Any idea why it doesn't work ?

----------

## Randy Andy

earendilion,

only for the case that you are using kde-4.5.1, you have to unmask and install knetworkmanager version [M](~)4.4.0_p20100820 **9999[1] 

If your kde version is below, the error has to be a different one.

Regards, andy.

----------

## earendilion

Thanks for the answer Andy.

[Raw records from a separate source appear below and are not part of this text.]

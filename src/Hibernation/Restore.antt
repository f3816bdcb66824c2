-- ===== src/Hibernation/Restore.antt =====
-- Hibernating and waking with a reliable cloud: every group gets its sizes back, also when the program
-- restarts in between.
use katalyst.Prelude.{
  ℕ, ◌≤◌, ◌<◌, String, ◌≡◌, refl, ◌∙◌, inl, inr, true, false, none, some, List, [], arith, str_eq,
  ltb, ◌==◌, if◌then◌else◌, Bool-cases, any,
}
use katalyst.Prelude.GoMap.{GoMap, lookup, HasKeysOnce, passing}
use katalyst.Prelude.Words.{sign64}
use katalyst.Hibernation.{
  Controller, new_controller, save_state, load_state, Cloud, Progress, returns, hibernate_all,
  hibernate_groups, wake_all, wake,
}
use katalyst.Hibernation.Persistence.{IsCount, load_state-save_state}
use katalyst.Hibernation.KeysOnce.{HasProgressKeysOnce, hibernate_all-HasProgressKeysOnce}
use katalyst.Hibernation.Reliable.{IsReliable, listing, HasSizesOf, Untouched}
use katalyst.Hibernation.Asleep.{IsAsleep, hibernate_all-own, hibernate_all-excluded}
use katalyst.Hibernation.Waking.{wake_all-own, wake_all-unsaved}

module _ {C : Type 0} (desired minimum : String → C → ℕ) (cloud : Cloud C) (registry : GoMap String)
    (ok : IsReliable desired minimum cloud registry) (exclude : List String) (at : C) where
  -- What the loop ends with when nothing is saved before, and the controller that it leaves.
  asleep_progress : Progress cloud
  asleep_progress =
      hibernate_all cloud exclude (listing desired minimum registry at)
        (record { desired = []; mins = []; at = at; count = 0 })

  asleep_controller : Controller
  unfolding asleep_progress
  asleep_controller = record {
    hibernated = true;
    saved_desired = asleep_progress.desired;
    saved_min = asleep_progress.mins;
  }

  hibernate_groups-asleep :
      (w wname : String)
      → HasKeysOnce registry
      → lookup w registry ≡ some wname
      → any (λ e. str_eq e wname) exclude ≡ false
      → 0 < ok.maximum w
      → hibernate_groups cloud exclude new_controller at
        ≡ returns asleep_controller asleep_progress.at none (some (save_state asleep_controller))
  unfolding hibernate_groups asleep_controller asleep_progress new_controller
  hibernate_groups-asleep w wname once h included room =
      let (_, more) =
        hibernate_all-own desired minimum cloud registry ok exclude w wname registry at
          (record { desired = []; mins = []; at = at; count = 0 }) once h included wname h room
          refl in
      let some_slept : asleep_progress.count == 0 ≡ false = ground (arith, more) in
      rw (hibernate_groups, ok.discovers at, some_slept)

  -- A controller that has the same saved sizes of a group.
  AgreesOn : String → Controller → Type 0
  AgreesOn k d =
      (lookup k d.saved_desired ≡ lookup k asleep_controller.saved_desired)
      × (lookup k d.saved_min ≡ lookup k asleep_controller.saved_min)

  awake : Controller → C
  unfolding asleep_progress
  awake d =
      wake_all cloud d (listing desired minimum registry asleep_progress.at) asleep_progress.at

  module _ (once : HasKeysOnce registry) (k kname : String) (known : lookup k registry ≡ some kname)
      (room : 0 < ok.maximum k) where
    asleep_progress-IsAsleep :
        any (λ e. str_eq e kname) exclude ≡ false
        → IsAsleep desired minimum cloud registry ok k at asleep_progress
    unfolding asleep_progress
    asleep_progress-IsAsleep included =
        (hibernate_all-own desired minimum cloud registry ok exclude k kname registry at
          (record { desired = []; mins = []; at = at; count = 0 }) once known included kname known
          room refl).0

    asleep_progress-Untouched :
        any (λ e. str_eq e kname) exclude ≡ true
        → Untouched desired minimum cloud registry ok k asleep_progress
            (record { desired = []; mins = []; at = at; count = 0 })
    unfolding asleep_progress
    asleep_progress-Untouched out =
        hibernate_all-excluded desired minimum cloud registry ok exclude k kname registry at
          (record { desired = []; mins = []; at = at; count = 0 }) once known out

    -- Only the groups that are not excluded sleep.
    desired-asleep :
        desired k asleep_progress.at
        ≡ (if any (λ e. str_eq e kname) exclude then desired k at else 1)
    unfolding IsAsleep Untouched HasSizesOf
    desired-asleep = elim (Bool-cases (any (λ e. str_eq e kname) exclude)) [
      | inl out ↦ let (_, _, (size, _), _) = asleep_progress-Untouched out in rw out size
      | inr included ↦ let (_, _, size, _) = asleep_progress-IsAsleep included in rw included size
    ]

    awake-restored :
        (d : Controller)
        → AgreesOn k d
        → minimum k at ≤ desired k at
        → desired k at ≤ ok.maximum k
        → (desired k (awake d) ≡ desired k at) × (minimum k (awake d) ≡ minimum k at)
    unfolding awake AgreesOn asleep_controller IsAsleep Untouched HasSizesOf lookup
    awake-restored d (ed, em) fits limit = elim (Bool-cases (any (λ e. str_eq e kname) exclude)) [
      | inl out ↦
          let (unsaved, _, (size, least), _) = asleep_progress-Untouched out in
          let (a, b) =
            wake_all-unsaved desired minimum cloud registry ok d k registry asleep_progress.at
              asleep_progress.at (ed ∙ unsaved) in
          (a ∙ size, b ∙ least)
      | inr included ↦
          let (saved, saved_least, _, least) = asleep_progress-IsAsleep included in
          wake_all-own desired minimum cloud registry ok d k kname registry asleep_progress.at
            asleep_progress.at (desired k at) (minimum k at) once known
            (ed ∙ saved, em ∙ saved_least) refl (ground (arith, least)) fits kname known limit
    ]

    -- What is saved of a group with at least one node can be written and read back.
    asleep-counts :
        minimum k at ≤ desired k at
        → 0 < desired k at
        → desired k at < sign64
        → IsCount (lookup k asleep_progress.desired)
          × IsCount (lookup k asleep_progress.mins)
          × (passing (ltb 0) (lookup k asleep_progress.desired) ≡ lookup k asleep_progress.desired)
    unfolding IsAsleep Untouched lookup
    asleep-counts fits more few = elim (Bool-cases (any (λ e. str_eq e kname) exclude)) [
      | inl out ↦
          let (unsaved, unsaved_least, _, _) = asleep_progress-Untouched out in
          rw (unsaved, unsaved_least) (tt, tt, refl)
      | inr included ↦
          let (saved, saved_least, _, _) = asleep_progress-IsAsleep included in
          let positive : ltb 0 (desired k at) ≡ true = ground arith in
          rw (saved, saved_least, positive) (few, omega arith, refl)
    ]

  wake-awake :
      (d : Controller)
      → d.hibernated ≡ true
      → wake cloud true d asleep_progress.at
        ≡ returns new_controller (awake d) none (some (save_state new_controller))
  unfolding wake awake
  wake-awake d h = rw (wake, h, ok.discovers asleep_progress.at)

  asleep_controller-HasKeysOnce :
      HasKeysOnce asleep_controller.saved_desired × HasKeysOnce asleep_controller.saved_min
  unfolding asleep_controller asleep_progress HasProgressKeysOnce
  asleep_controller-HasKeysOnce =
      hibernate_all-HasProgressKeysOnce cloud exclude (listing desired minimum registry at)
        (record { desired = []; mins = []; at = at; count = 0 }) (tt, tt)

  -- With nothing saved before and past the guards, if some group is not excluded, hibernating succeeds
  -- and brings every group that is not excluded to one node, not to zero; waking in active mode then gives
  -- each group the desired size and the minimum that it had. The cloud is reliable and names each group
  -- once; the group may have a node, and before it has a size between its limits.
  pub hibernate-wake :
      (w wname k kname : String)
      → HasKeysOnce registry
      → lookup w registry ≡ some wname
      → any (λ e. str_eq e wname) exclude ≡ false
      → 0 < ok.maximum w
      → lookup k registry ≡ some kname
      → 0 < ok.maximum k
      → minimum k at ≤ desired k at
      → desired k at ≤ ok.maximum k
      → (asleep : Controller) × (slept : C) × (woken : C) × (hibernate_groups cloud exclude
            new_controller at
          ≡ returns asleep slept none (some (save_state asleep)))
        × (wake cloud true asleep slept
            ≡ returns new_controller woken none (some (save_state new_controller)))
        × (desired k slept ≡ (if any (λ e. str_eq e kname) exclude then desired k at else 1))
        × (desired k woken ≡ desired k at)
        × (minimum k woken ≡ minimum k at)
  unfolding AgreesOn asleep_controller
  hibernate-wake w wname k kname once h included w_room known room fits limit =
      let (size, least) =
        awake-restored once k kname known room asleep_controller (refl, refl) fits limit in
      (
        asleep_controller,
        asleep_progress.at,
        awake asleep_controller,
        hibernate_groups-asleep w wname once h included w_room,
        wake-awake asleep_controller refl,
        desired-asleep once k kname known room,
        size,
        least,
      )

  -- With nothing saved before and past the guards, if some group is not excluded, hibernating succeeds
  -- and brings every group that is not excluded to one node; when the program restarts while the groups
  -- sleep and reads back what it saved, waking in active mode gives each group the desired size and the
  -- minimum that it had. The cloud is reliable and names each group once; the group has a size between its
  -- limits before, with at least one node and fewer than 2 ^ 63.
  pub hibernate-load_state :
      (w wname k kname : String)
      → HasKeysOnce registry
      → lookup w registry ≡ some wname
      → any (λ e. str_eq e wname) exclude ≡ false
      → 0 < ok.maximum w
      → lookup k registry ≡ some kname
      → 0 < desired k at
      → minimum k at ≤ desired k at
      → desired k at ≤ ok.maximum k
      → desired k at < sign64
      → (asleep : Controller) × (slept : C) × (woken : C) × (hibernate_groups cloud exclude
            new_controller at
          ≡ returns asleep slept none (some (save_state asleep)))
        × (wake cloud true (load_state (save_state asleep) new_controller) slept
            ≡ returns new_controller woken none (some (save_state new_controller)))
        × (desired k slept ≡ (if any (λ e. str_eq e kname) exclude then desired k at else 1))
        × (desired k woken ≡ desired k at)
        × (minimum k woken ≡ minimum k at)
  unfolding AgreesOn asleep_controller
  hibernate-load_state w wname k kname once h included w_room known more fits limit few =
      let room : 0 < ok.maximum k = omega arith in
      let (few_desired, few_least, kept) = asleep-counts once k kname known room fits more few in
      let (flag, read_desired, read_min) =
        load_state-save_state asleep_controller k asleep_controller-HasKeysOnce
          (few_desired, few_least) in
      let reloaded : Controller = load_state (save_state asleep_controller) new_controller in
      let (size, least) =
        awake-restored once k kname known room reloaded (read_desired ∙ kept, read_min) fits
          limit in
      (
        asleep_controller,
        asleep_progress.at,
        awake reloaded,
        hibernate_groups-asleep w wname once h included w_room,
        wake-awake reloaded flag,
        desired-asleep once k kname known room,
        size,
        least,
      )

While posting, I was intalling knetworkmanager-4.4.0_p20100820 ... I restarted services... but still nothing in knetworkmanager ...  :Sad: 

----------

## bandreabis

Any news?

I've got the same problem.

Now I can't post my versions, but thies evening I will.

----------

## Randy Andy

Some ideas from my side, to help to solve your problems using knetworkmanager in KDE.

The wiki you refer to named lots of possible use flags as options, not as a must use.

So i guess it's not a good idea to use dhclient and dhcpcd simultaneously, i think they are designed to do the same job  :Wink: 

Otherwise it seems to that wicd is a must for wlan functionality via knetworkmanager (for me it works really great, and not buggy as the most say).

Possibly the wiki is missing some more useful hints, that was needed to get it working, at least for me.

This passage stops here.